Dallas Buyers Club (**1/2)

DALLAS BUYERS CLUB
Directed by Jean-Marc Vallee

**1/2

It's hard not to feel like Matthew McConaughey's recent career resurgence is reaching its crescendo here with Dallas Buyers Club. It's a striking performance, so captivating and virile. He famously lost 35 pounds, and its a testament to the performance that it doesn't feel too much like stunt acting. It's a juicy role, one that's screams out for awards attention, but McConaughey plays it without shame, and even at times without decency. That is to say, by avoiding the obvious way to play the role, he made it seem like that was the obvious way all along.

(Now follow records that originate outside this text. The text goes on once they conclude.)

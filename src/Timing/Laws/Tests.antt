-- ===== src/Timing/Laws/Tests.antt =====
-- The theorem on timing at a concrete measurement: the world counts what was timed.
use frontier_refactor_factor.Prelude.{
  ℕ, suc, ◌<◌, ◌≡◌, refl, String, Bool, true, false, [], ◌∷◌, is_more, arith, leb, if◌then◌else◌,
}
use frontier_refactor_factor.Exec.{Exec, Result, ok, err, pure}
use frontier_refactor_factor.Exec.Ensures.{Ensures}
use frontier_refactor_factor.Timing.{Cost, costs, SpeedResult}
use frontier_refactor_factor.Timing.Measure.{measure}
use frontier_refactor_factor.Timing.Laws.Runs.{Reports, measure-Reports}

-- A draw that moves over the ratios.
abbrev choose : ℕ → ℕ → ℕ → ℕ
choose i j n = if leb n j then 0 else j

choose-in_range : (i j n : ℕ) → 0 < n → choose i j n < n
choose-in_range i j n h = ground (arith, h)

abbrev numbered : String → ℕ → Exec ℕ ℕ
numbered shape i = pure i

abbrev thrice : ℕ → Exec ℕ Cost
thrice i w = (ok (costs (record { above = 3; below = 1 })), suc w)

abbrev once : ℕ → Exec ℕ Cost
once i w = (ok (costs (record { above = 1; below = 1 })), suc w)

measure-Reports_example :
    Ensures
      (Reports choose 20 numbered thrice once 2 1 ("small" ∷ "large" ∷ []))
      (measure choose 20 numbered thrice once ("small" ∷ "large" ∷ []) 2 1)
measure-Reports_example =
    measure-Reports choose 20 numbered thrice once 2 1 choose-in_range (omega arith)
      ("small" ∷ "large" ∷ [])

-- Three times as fast on both shapes, after 20 readings.
abbrev three : Result SpeedResult → Bool
three (ok r) = is_more r.speedup (record { above = 2; below = 1 })
three (err x) = false

fast : three (measure choose 20 numbered thrice once ("small" ∷ "large" ∷ []) 2 1 0).0 ≡ true
unfolding measure
fast = refl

This is what happens when you get the right movie star to play the right part - this was also proven with Tom Hanks in Captain Philips and Robert Redford in All is Lost. But what about the movie itself? Dallas Buyers Club's premise is problematic on its own, but what's to say of its execution, which nearly forces us to feel compassion for a homophobic bigot and an AIDS profiteer? Shouldn't that matter at all? It's a film that requires a lot of unpacking, even if it does supply a highly watchable two hours.

Monday, November 4, 2013

Blue is the Warmest Color (**)

BLUE IS THE WARMEST COLOR
La vie d'Adele
Written, Produced and Directed by Abdellatif Kechiche

**

If certain straight people think that homosexuality is too mainstream, they should go and watch Blue is the Warmest Color. It's bullish, in-your-face and doesn't hide it's romantic entanglements behind narrative structure. It won the prestigious Palme D'Or award at the Cannes Film Festival earlier in the year, and was the first time in the festival's history that the award was given to two of the film's lead actresses as well as the director. It's part sexual awakening, part lesbian docudrama. It's part love story arc, part Mike Leigh-level improv experiment. It's depiction of the sex life between two women was explicit enough to earn the film an NC-17 rating, yet it probably spends more time peaking into classrooms, watching students of various ages read from pages of literature. Blue is the Warmest Color is one of the most important movies that you can see in a theater this year, but it is also probably one of the dullest, unequivocally muted by it's own need to capture reality, instead capturing mundanity.